Assumes 60% input / 40% output token ratio per request. Actual costs may vary based on your usage pattern.
| Parameter | GPT-5.4 Mini | GPT-5.4 Nano |
|---|---|---|
| Context Window | 400K | 400K |
| Max Output Tokens | 128,000 | 128,000 |
| Open Source | No | No |
| Created | Mar 17, 2026 | Mar 17, 2026 |
The ranking difference likely reflects real-world performance metrics beyond the raw score - Nano's 3.6x lower output pricing ($1.25/M vs $4.5/M) makes it more attractive for high-volume coding tasks while maintaining the same 400K context window and 128K max output. Since both models share identical capabilities including Vision, Function Calling, and Reasoning, the ranking algorithm appears to weight cost-efficiency heavily in the coding category where output tokens can quickly accumulate.
At 50M output tokens monthly, GPT-5.4 Nano costs $62.50 versus Mini's $225 - a $162.50 monthly savings (72% reduction). The input token pricing difference is less dramatic ($0.20/M vs $0.75/M), but for typical coding workflows with high output-to-input ratios, Nano delivers the same 61/100 performance score at nearly 1/4 the total cost.

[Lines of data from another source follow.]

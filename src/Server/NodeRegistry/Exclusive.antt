-- ===== src/Server/NodeRegistry/Exclusive.antt =====
-- The stream of a node of packages/server/src/nodeRegistry.ts is the only one until it ends.
use express_token_revoker.Prelude.{
  ℕ, ◌≡◌, refl, ◌∙◌, ap, true, false, none, some, List, [], ◌∷◌, arith, All, Bool-cases, inl, inr,
  if◌then◌else◌,
}
use express_token_revoker.Prelude.Result.{ok, err, validation_error}
use express_token_revoker.Prelude.Text.{Text, text_eq, text_eq_iff, text_eq_refl}
use express_token_revoker.Server.NodeRegistry.{
  NodeEntry, NodeRegistry, get_node, set_node, delete_node, change_node, register_node,
  unregister_node, connection_of, record_sent, touch, is_connected,
}

-- The calls that change a registry in use.
pub data Request (C : Type 0) : Type 0 where
  register : ℕ → Text → C → Request C
  unregister : Text → Request C
  sent : ℕ → Text → ℕ → Request C
  seen : ℕ → Text → Request C

unfoldable pub step : {C : Type 0} → Request C → NodeRegistry C → NodeRegistry C
step (register now id connection) s = (register_node now id connection s).1
step (unregister id) s = (unregister_node id s).1
step (sent now id lsn) s = (record_sent now id lsn s).1
step (seen now id) s = (touch now id s).1

unfoldable pub run : {C : Type 0} → List (Request C) → NodeRegistry C → NodeRegistry C
unfolding step
run [] s = s
run (q ∷ qs) s = run qs (step q s)

-- The request does not end the stream of the node.
abbrev pub Spares : {C : Type 0} → Text → Request C → Type 0
Spares id (unregister other) = text_eq other id ≡ false
Spares id _ = Unit

module _ {C : Type 0} where
  pub get-set_node :
      (id : Text) (e : NodeEntry C) (es : List (NodeEntry C))
      → get_node id (set_node e es) ≡ (if text_eq e.node_id id then some e else get_node id es)
  unfolding get_node set_node
  get-set_node id e [] = refl
  get-set_node id e (x ∷ xs) = ground (
    arith,
    text_eq_iff x.node_id e.node_id,
    text_eq_iff x.node_id id,
    text_eq_iff e.node_id id,
    get-set_node id e xs,
  )

  pub get-delete_node :
      (id other : Text) (es : List (NodeEntry C))
      → text_eq other id ≡ false
      → get_node id (delete_node other es) ≡ get_node id es
  unfolding get_node delete_node
  get-delete_node id other [] h = refl
  get-delete_node id other (x ∷ xs) h =
      ground (arith, h, text_eq_iff x.node_id other, get-delete_node id other xs h)

  -- A change that leaves the stream of every entry alone.
  abbrev LeavesStreams : (NodeEntry C → NodeEntry C) → Type 0
  LeavesStreams f =
      (x : NodeEntry C)
      → ((f x).node_id ≡ x.node_id)
        × ((f x).connected ≡ x.connected)
        × ((f x).connection ≡ x.connection)

  abbrev Holds : Text → C → List (NodeEntry C) → Type 0
  Holds id connection nodes =
      (e : NodeEntry C) × (get_node id nodes ≡ some e)
      × (e.connected ≡ true)
      × (e.connection ≡ connection)

  change_node-Holds :
      (id other : Text) (f : NodeEntry C → NodeEntry C) (connection : C) (es : List (NodeEntry C))
      → LeavesStreams f
      → Holds id connection es
      → Holds id connection (change_node other f es)
  unfolding get_node change_node
  change_node-Holds id other f connection [] leaves h = h
  change_node-Holds id other f connection (x ∷ xs) leaves (e, here, live, same) =
      let (same_id, as_live, as_same) = leaves x in
      elim (Bool-cases (text_eq x.node_id other)) [
        | inl changed ↦ simp changed (elim (Bool-cases (text_eq x.node_id id)) [
          | inl found ↦
              let first = simp found at here in
              let equal : x ≡ e = ground (arith, first) in
              (
                f x,
                simp (same_id, found) refl,
                as_live ∙ ap (λ y. y.connected) equal ∙ live,
                as_same ∙ ap (λ y. y.connection) equal ∙ same,
              )
          | inr passed ↦ (e, simp (same_id, passed) (simp passed at here), live, same)
        ])
        | inr kept ↦ simp kept (elim (Bool-cases (text_eq x.node_id id)) [
          | inl found ↦ (e, simp found (simp found at here), live, same)
          | inr passed ↦
              let (e', there, live', same') =
                change_node-Holds id other f connection xs leaves
                  (e, simp passed at here, live, same) in
              (e', simp passed there, live', same')
        ])
      ]

  -- The registry holds a live stream of the node over the connection.
  abbrev pub Streams : Text → C → NodeRegistry C → Type 0
  Streams id connection none = ⊥
  Streams id connection (some nodes) = Holds id connection nodes

  register_node-Streams :
      (id : Text) (connection : C) (now : ℕ) (other : Text) (fresh : C) (nodes : List (NodeEntry C))
      → Holds id connection nodes
      → Streams id connection (register_node now other fresh (some nodes)).1
  unfolding register_node
  register_node-Streams id connection now other fresh nodes (e, here, live, same) =
      elim (Bool-cases (is_connected (get_node other nodes))) [
        | inl active ↦ rw active (e, here, live, same)
        | inr free ↦ rw free (elim (Bool-cases (text_eq other id)) [
          | inl equal ↦
              let never = rw ((text_eq_iff other id).0 equal, here, live) at free in
              absurd (ground (arith, never))
          | inr differ ↦ (e, get-set_node id _ nodes ∙ rw differ here, live, same)
        ])
      ]

  step-Streams :
      (id : Text) (connection : C) (q : Request C) (s : NodeRegistry C)
      → Spares id q
      → Streams id connection s
      → Streams id connection (step q s)
  unfolding step unregister_node record_sent touch
  step-Streams id connection q none spares h = absurd h
  step-Streams id connection (register now other fresh) (some nodes) spares h =
      register_node-Streams id connection now other fresh nodes h
  step-Streams id connection (unregister other) (some nodes) spares (e, here, live, same) =
      (e, get-delete_node id other nodes spares ∙ here, live, same)
  step-Streams id connection (sent now other lsn) (some nodes) spares h =
      change_node-Holds id other _ connection nodes (λ x. (refl, refl, refl)) h
  step-Streams id connection (seen now other) (some nodes) spares h =
      change_node-Holds id other _ connection nodes (λ x. (refl, refl, refl)) h

  run-Streams :
      (id : Text) (connection : C) (qs : List (Request C)) (s : NodeRegistry C)
      → All (Spares id) qs
      → Streams id connection s
      → Streams id connection (run qs s)
  unfolding run
  run-Streams id connection [] s spares h = h
  run-Streams id connection (q ∷ qs) s (first, rest) h =
      run-Streams id connection qs (step q s) rest (step-Streams id connection q s first h)

  Streams-answers :
      (id : Text) (connection fresh : C) (now : ℕ) (s : NodeRegistry C)
      → Streams id connection s
      → (connection_of id s ≡ ok (some connection))
        × (register_node now id fresh s ≡ (err validation_error, s))
  unfolding connection_of register_node
  Streams-answers id connection fresh now none h = absurd h
  Streams-answers id connection fresh now (some nodes) (e, here, live, same) =
      (rw here (rw (live, same) refl), rw here (rw live refl))

  register_node-opens :
      (id : Text) (connection : C) (now : ℕ) (s : NodeRegistry C)
      → (register_node now id connection s).0 ≡ ok tt
      → Streams id connection (register_node now id connection s).1
  unfolding register_node
  register_node-opens id connection now none done = absurd (ground (arith, done))
  register_node-opens id connection now (some nodes) done =
      elim (Bool-cases (is_connected (get_node id nodes))) [
        | inl active ↦ let never = rw active at done in absurd (ground (arith, never))
        | inr free ↦
            let e : NodeEntry C = record {
              node_id = id;
              last_lsn = 0;
              last_seen_ms = now;
              connected = true;
              connection = connection;
            } in
            rw free (e, get-set_node id e nodes ∙ rw (text_eq_refl id) refl, refl, refl)
      ]

-- After a node has been registered, and after any further registrations, removals of other nodes,
-- and records of deliveries and of keepalives: the registry still gives the node's connection, and
-- refuses to register the node again, without a change.
pub stream_is_exclusive :
    {C : Type 0} (id : Text) (connection fresh : C) (now later : ℕ) (qs : List (Request C))
    (s : NodeRegistry C)
    → (register_node now id connection s).0 ≡ ok tt
    → All (Spares id) qs
    → let v = run qs (register_node now id connection s).1 in
      (connection_of id v ≡ ok (some connection))
      × (register_node later id fresh v ≡ (err validation_error, v))
stream_is_exclusive id connection fresh now later qs s done spares =
    Streams-answers id connection fresh later (run qs (register_node now id connection s).1) (
      run-Streams id connection qs (register_node now id connection s).1 spares
        (register_node-opens id connection now s done))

OpenAI's pricing strategy suggests Mini may be positioned for lower-volume enterprise users who value predictable costs over per-token efficiency - the $0.75/M input price (versus Nano's $0.20/M) could reflect bundled SLAs or priority routing not captured in the raw capability list. With both models supporting identical 400K context windows and full feature parity (Vision, Web Search, JSON Mode), the price differential appears purely commercial rather than technical.
Migration is a no-brainer for most use cases - you get the same 61/100 performance, identical 128K max output capacity, and full feature compatibility while cutting costs by 72% on output tokens. The only hesitation would be if Mini includes undocumented benefits like lower latency or higher rate limits, but with both models ranking in the top 14 of 326 coding models, Nano's #12 position suggests it may actually perform marginally better in production.
At ranks #12 and #14 out of 326 models, both GPT-5.4 variants sit in the top 4.3% of coding models while scoring 61/100 - suggesting the coding category has extremely strong competition at the top. Their 400K context windows and comprehensive multimodal capabilities (text+image+file inputs) are likely enterprise-grade features that many higher-scoring models lack, making the 61/100 score potentially misleading for teams needing Vision or Web Search functionality.